A nivel político, el uso de verificadores humanos también ha sido objeto de acusaciones de sesgo, especialmente en Estados Unidos, donde sectores conservadores afirman que se censura contenido de derecha, algo que las organizaciones profesionales rechazan.
Mientras tanto, Meta ha terminado su programa de verificación externo en EE. UU., apostando por herramientas comunitarias como las “notas de la comunidad” en X, que también se enfrentan a limitaciones en cuanto a rapidez y alcance.
La preocupación se extiende además al posible control o manipulación de los resultados de los chatbots según cómo sean programados.
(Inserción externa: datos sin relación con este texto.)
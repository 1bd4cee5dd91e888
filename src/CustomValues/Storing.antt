-- ===== src/CustomValues/Storing.antt =====
-- core/src/custom-values.ts, foldCustom: which values of a payload end in its custom object.
use qwbe.Prelude.{
  String, Bool, true, false, not, ◌≡◌, refl, ap, ◌∙◌, ◌&&◌, inl, inr, Option, none, some, List, [],
  ◌∷◌, ◌==◌, arith, contains, or_this, Bool-cases, if◌then◌else◌,
}
use qwbe.CustomValues.{
  Value, object, null, boolean, number, text, array, Fields, no_field, field, Library,
  CustomFieldDef, Fault, custom_name, is_unsafe, get_field, assign, accept, Folded, Step, goes_on,
  stops, after_accept, take_custom, and_then, fold_explicit, fold_key, fold_keys, nothing_folded,
  explicit_part,
}
use qwbe.CustomValues.Moving.{StepAll}
use qwbe.CustomValues.Required.{custom_value, field_of}
use qwbe.CustomValues.Keeping.{has_no_twins, StepAll-map, Gains, Stores, and_then-Gains, or_none}

abbrev has_any : List CustomFieldDef → Bool
has_any [] = false
has_any (d ∷ ds) = true

-- No name stands twice in the value, if it is an object.
abbrev pub value_has_no_twins : Option Value → Bool
value_has_no_twins none = true
value_has_no_twins (some (object fs)) = has_no_twins fs
value_has_no_twins (some null) = true
value_has_no_twins (some (boolean b)) = true
value_has_no_twins (some (number s)) = true
value_has_no_twins (some (text s)) = true
value_has_no_twins (some (array s)) = true

module _ (js : Library) (declared : List String) (defs : List CustomFieldDef) where
  -- The key is not declared, and the cube has definitions.
  abbrev pub is_moved : String → Bool
  is_moved key = not (contains declared key) && (not (key == custom_name) && has_any defs)

  -- A value of the custom object: that of an undeclared key of the payload, or else that of its own
  -- custom object, where the cube has definitions.
  abbrev pub sent : Fields → String → Option Value
  sent fs name =
      or_this (if is_moved name then get_field fs name else none)
        (if has_any defs then custom_value fs name else none)

  abbrev custom_part : Folded → Fields
  custom_part g = g.custom

  after_accept-Stores :
      (o : Option Fault) (key : String) (v : Value) (f : Folded)
      → StepAll js declared defs (λ g. g.custom ≡ assign f.custom key v) (after_accept o key v f)
  after_accept-Stores (some fault) key v f = tt
  after_accept-Stores none key v f = refl

  take_custom-Stores :
      (ds : List CustomFieldDef) (key : String) (v : Value) (f : Folded)
      → StepAll js declared defs
          (λ g. g.custom ≡ (if has_any ds then assign f.custom key v else f.custom))
          (take_custom js ds key v f)
  take_custom-Stores [] key v f = refl
  take_custom-Stores (d ∷ ds) key v f = after_accept-Stores (accept js (d ∷ ds) key v) key v f

  fold_key-Stores :
      (key : String) (v : Value) (f : Folded)
      → StepAll js declared defs
          (Stores js declared defs custom_part is_moved key v f.custom)
          (fold_key js declared defs key v f)
  unfolding fold_key
  fold_key-Stores key v f = elim (Bool-cases (contains declared key)) [
    | inl own ↦ rw own (rw own refl)
    | inr other ↦ elim (Bool-cases (key == custom_name)) [
      | inl reserved ↦ rw (other, reserved) (rw (other, reserved) refl)
      | inr plain ↦ elim (Bool-cases (is_unsafe key)) [
        | inl unsafe ↦ rw (other, plain, unsafe) tt
        | inr safe ↦
            rw (other, plain, safe)
              (StepAll-map js declared defs
                (λ g. g.custom ≡ (if has_any defs then assign f.custom key v else f.custom))
                (Stores js declared defs custom_part is_moved key v f.custom)
                (take_custom js defs key v (record f { moved = true }))
                (λ g e. e ∙ rw (other, plain) refl)
                (take_custom-Stores defs key v (record f { moved = true })))
      ]
    ]
  ]

  fold_keys-Gains :
      (fs : Fields) (f : Folded)
      → has_no_twins fs ≡ true
      → StepAll js declared defs
          (Gains js declared defs custom_part is_moved fs f.custom)
          (fold_keys js declared defs fs f)
  unfolding fold_keys get_field
  fold_keys-Gains no_field f h = λ key. ground arith
  fold_keys-Gains (field key v fs) f h =
      and_then-Gains js declared defs custom_part is_moved key v fs f.custom
        (fold_key js declared defs key v f) (fold_keys js declared defs fs) (ground (arith, h))
        (fold_key-Stores key v f) (λ g. fold_keys-Gains fs g (ground (arith, h)))

  fold_explicit-Gains :
      (fs : Fields) (f : Folded)
      → has_no_twins fs ≡ true
      → StepAll js declared defs
          (Gains js declared defs custom_part (λ key. has_any defs) fs f.custom)
          (fold_explicit js defs fs f)
  unfolding fold_explicit get_field
  fold_explicit-Gains no_field f h = λ key. ground arith
  fold_explicit-Gains (field key v fs) f h =
      and_then-Gains js declared defs custom_part (λ key. has_any defs) key v fs f.custom
        (take_custom js defs key v f) (fold_explicit js defs fs) (ground (arith, h))
        (take_custom-Stores defs key v f) (λ g. fold_explicit-Gains fs g (ground (arith, h)))

  -- What the first loop leaves.
  abbrev Starts : Option Value → Folded → Type 0
  Starts o g =
      (name : String) → get_field g.custom name ≡ (if has_any defs then field_of o name else none)

  explicit_part-Starts :
      (o : Option Value)
      → value_has_no_twins o ≡ true
      → StepAll js declared defs (Starts o) (explicit_part js defs o)
  unfolding get_field
  explicit_part-Starts none h = λ name. ground arith
  explicit_part-Starts (some (object fs)) h =
      StepAll-map js declared defs
        (Gains js declared defs custom_part (λ key. has_any defs) fs no_field)
        (Starts (some (object fs))) (fold_explicit js defs fs nothing_folded)
        (λ g gains name. gains name ∙ or_none js declared defs _)
        (fold_explicit-Gains fs nothing_folded h)
  explicit_part-Starts (some null) h = tt
  explicit_part-Starts (some (boolean b)) h = tt
  explicit_part-Starts (some (number s)) h = tt
  explicit_part-Starts (some (text s)) h = tt
  explicit_part-Starts (some (array s)) h = tt

  after_start :
      (s : Step) (fs : Fields)
      → has_no_twins fs ≡ true
      → StepAll js declared defs (Starts (get_field fs custom_name)) s
      → StepAll js declared defs
          (λ g. (name : String) → get_field g.custom name ≡ sent fs name)
          (and_then s (fold_keys js declared defs fs))
  after_start (stops fault) fs h k = tt
  after_start (goes_on f) fs h k =
      StepAll-map js declared defs (Gains js declared defs custom_part is_moved fs f.custom)
        (λ g. (name : String) → get_field g.custom name ≡ sent fs name)
        (fold_keys js declared defs fs f)
        (λ g gains name.
          gains name ∙ ap (or_this (if is_moved name then get_field fs name else none)) (k name))
        (fold_keys-Gains fs f h)

  -- What goes through the loops has the values that were sent in its custom object.
  pub folded-sent :
      (fs : Fields)
      → has_no_twins fs ≡ true
      → value_has_no_twins (get_field fs custom_name) ≡ true
      → StepAll js declared defs
          (λ g. (name : String) → get_field g.custom name ≡ sent fs name)
          (and_then
            (explicit_part js defs (get_field fs custom_name))
            (fold_keys js declared defs fs))
  folded-sent fs h k =
      after_start (explicit_part js defs (get_field fs custom_name)) fs h
        (explicit_part-Starts (get_field fs custom_name) k)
En el caso de Grok, su creador, xAI, atribuyó ciertas respuestas polémicas a una “modificación no autorizada”, aunque el propio chatbot señaló a Elon Musk como el probable autor del cambio.
Para Angie Holan, directora de la Red Internacional de Verificación de Datos, existe un riesgo real de que los sistemas de IA proporcionen respuestas sesgadas o prediseñadas, sobre todo cuando se enfrentan a temas polarizantes o controversiales.
A medida que se reduce el rol del factor humano en la verificación digital, crece la presión sobre las empresas tecnológicas para garantizar que sus sistemas no amplifiquen errores ni distorsiones, especialmente en contextos de crisis o conflictos.